Despite propranolol’s success, some questions remain. Rebound growth after the cessation of therapy occurs in 4–21% of cases, necessitating the reinitiation of treatment in select patients [2,35,36]. Recurrence rates for our cohort could not be assessed because systematic post-therapy surveillance was not performed, and this limitation should be considered when interpreting our findings. While early initiation (within the first 5–6 months of life) yields the most favorable outcomes, further research is needed to define optimal treatment windows and determine patient-specific predictors of efficacy or rebound risk [4,37,38].

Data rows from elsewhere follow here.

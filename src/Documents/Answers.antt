-- ===== src/Documents/Answers.antt =====
-- What `applyYUpdate` answers.
use realtime_collaborative_e.Base.{
  ℕ, ltb, ◌&&◌, ◌==◌, ◌===◌, if◌then◌else◌, String, ◌≡◌, refl, ap, ◌∙◌, Option, none, some, arith,
  Option-cases, Bool-cases, inl, inr, ok, err, Result,
}
use realtime_collaborative_e.Lock
use realtime_collaborative_e.Documents.{
  World, State, Error, invalid_update, busy, duplicate_update, load, decode, inc_version,
}
use realtime_collaborative_e.Documents.Apply.{
  apply_y_update, commit, locked, note_size, lock_key, is_taken,
}
use realtime_collaborative_e.Documents.Sync.{apply_some, apply_none, locked_taken, locked_free}

module _ (w : World) where
  open w use {yjs}
  open yjs use {Bytes, YDoc, apply, encode, byte_length, from_base64}

  -- The answer under the lock: the version of the document, one further, is not yet in the log.
  abbrev write_answer : State w → String → Result Error (Unit {0})
  write_answer s id = if is_taken w s id (inc_version w s id).1 then err duplicate_update else ok tt

  -- With what the lock's key holds.
  abbrev lock_answer : State w → String → Option String → Result Error (Unit {0})
  lock_answer s id none = write_answer s id
  lock_answer s id (some _) = err busy

  is_taken_same :
      (s t : State w) (id : String) (n : ℕ)
      → s.updates ≡ t.updates
      → is_taken w s id n ≡ is_taken w t id n
  is_taken_same s t id n h =
      ap (λ u. ltb 0 (w.updates.count u (λ r. (r.document_id === id) && (r.seq == n)))) h

  inc_version-updates : (s : State w) (id : String) → (inc_version w s id).0.updates ≡ s.updates
  inc_version-updates s id = ground arith

  locked-answer :
      (s : State w) (now : ℕ) (id token : String) (d : YDoc) (u : Bytes)
      → (locked w s now id token d u).1 ≡ write_answer s id
  locked-answer s now id token d u =
      let seq = (inc_version w s id).1 in
      let same = is_taken_same (inc_version w s id).0 s id seq (inc_version-updates s id) in
      elim (Bool-cases (is_taken w s id seq)) [
        | inl e ↦ ap (λ p. p.1) (locked_taken w s now id token d u (same ∙ e)) ∙ rw e
        | inr e ↦ ap (λ p. p.1) (locked_free w s now id token d u (same ∙ e)) ∙ rw e
      ]

  locks-answer :
      (s : State w) (id : String) (locks : w.locks.Store)
      → write_answer (record s { locks = locks }) id ≡ write_answer s id
  locks-answer s id locks = ground arith

  commit-answer :
      (s : State w) (now : ℕ) (id token : String) (d : YDoc) (u : Bytes)
      → (commit w s now id token d u).1 ≡ lock_answer s id (w.locks.get s.locks now (lock_key w id))
  unfolding commit Lock.acquire
  commit-answer s now id token d u =
      let key = lock_key w id in
      elim (Option-cases (w.locks.get s.locks now key)) [
        | inl e ↦
            rw (e, w.locks.set_nx-none s.locks now key token 5000 e)
              (locked-answer _ now id _ d u ∙ locks-answer s id _)
        | inr (held, e) ↦ rw (e, w.locks.set_nx-some s.locks now key token held 5000 e)
      ]

  note_size-locks :
      (s : State w) (now : ℕ) (id : String) (n : ℕ) → (note_size w s now id n).locks ≡ s.locks
  unfolding note_size
  note_size-locks s now id n = ground arith

  note_size-answer :
      (s : State w) (now : ℕ) (id : String) (n : ℕ) (held : Option String)
      → lock_answer (note_size w s now id n) id held ≡ lock_answer s id held
  unfolding note_size
  note_size-answer s now id n held = ground arith

  -- `applyYUpdate` refuses an update that does not apply to the stored document as invalid, and any
  -- other as busy if the document is locked; then, if the log has a row with the document's version
  -- one further, or with 0 where there is no document, it fails as a duplicate, and in every other
  -- case it succeeds.
  pub apply_y_update-answer :
      (s : State w) (now : ℕ) (id token update_b64 : String)
      → (apply_y_update w s now id token update_b64).1
        ≡ (elim (apply
            (load w (w.contents.find s.contents id))
            (decode w (from_base64 update_b64))) [
              | none ↦ err invalid_update
              | some _ ↦ elim (w.locks.get s.locks now (lock_key w id)) [
                | none ↦
                    if is_taken w s id (inc_version w s id).1 then err duplicate_update else ok tt
                | some _ ↦ err busy
              ]
            ])
  apply_y_update-answer s now id token update_b64 =
      let before = load w (w.contents.find s.contents id) in
      elim (Option-cases (apply before (decode w (from_base64 update_b64)))) [
        | inl a ↦ ap (λ p. p.1) (apply_none w s now id token update_b64 before refl a) ∙ rw a
        | inr (d', a) ↦
            ap (λ p. p.1) (apply_some w s now id token update_b64 before d' refl a)
            ∙ commit-answer _ now id token d' _
            ∙ note_size-answer s now id (byte_length (encode d')) _
            ∙ rw (note_size-locks s now id (byte_length (encode d')), a)
      ]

This study has several limitations. First, the sample size was relatively small, and the analysis was underpowered to detect small-to-moderate associations. Also, because the study lacked a control group, the uncontrolled design precluded any inference about maternal and fetal risk factors; larger, controlled studies are required to clarify these associations. In addition, effectiveness was based solely on visual assessment without objective volumetric imaging; while this reflects common real-world practice, future studies should incorporate standardized imaging to quantify regression. Taken together, our data reinforce early outpatient propranolol initiation and provide local benchmarks for IHReS-guided referral.

5. Conclusions

In conclusion, this study highlights the multifactorial nature of infantile hemangioma (IH) and underscores the importance of early diagnosis, risk stratification, and individualized management. Consistent with the previous literature, we observed more IH in females, pre-term infants and those with a low birth weight. Maternal anemia, gestational hypertension, and hypothyroidism were present in a subset of mothers but showed no statistical association with lesion severity, and our uncontrolled design precluded us from inferring their role in IH risk. The IHReS proved useful in stratifying disease severity throughout the treatment period; propranolol remained effective and well tolerated, supporting its first-line status. Nevertheless, several methodological limitations temper these conclusions: the cohort was modest and—most importantly—no control group was available for direct comparison. These constraints may limit the statistical power and generalizability, and they preclude firm causal inferences. In the future, larger, controlled studies with extended follow-up are required to validate our associations, refine the predictive value of the risk factors that we identified, and clarify long-term outcomes.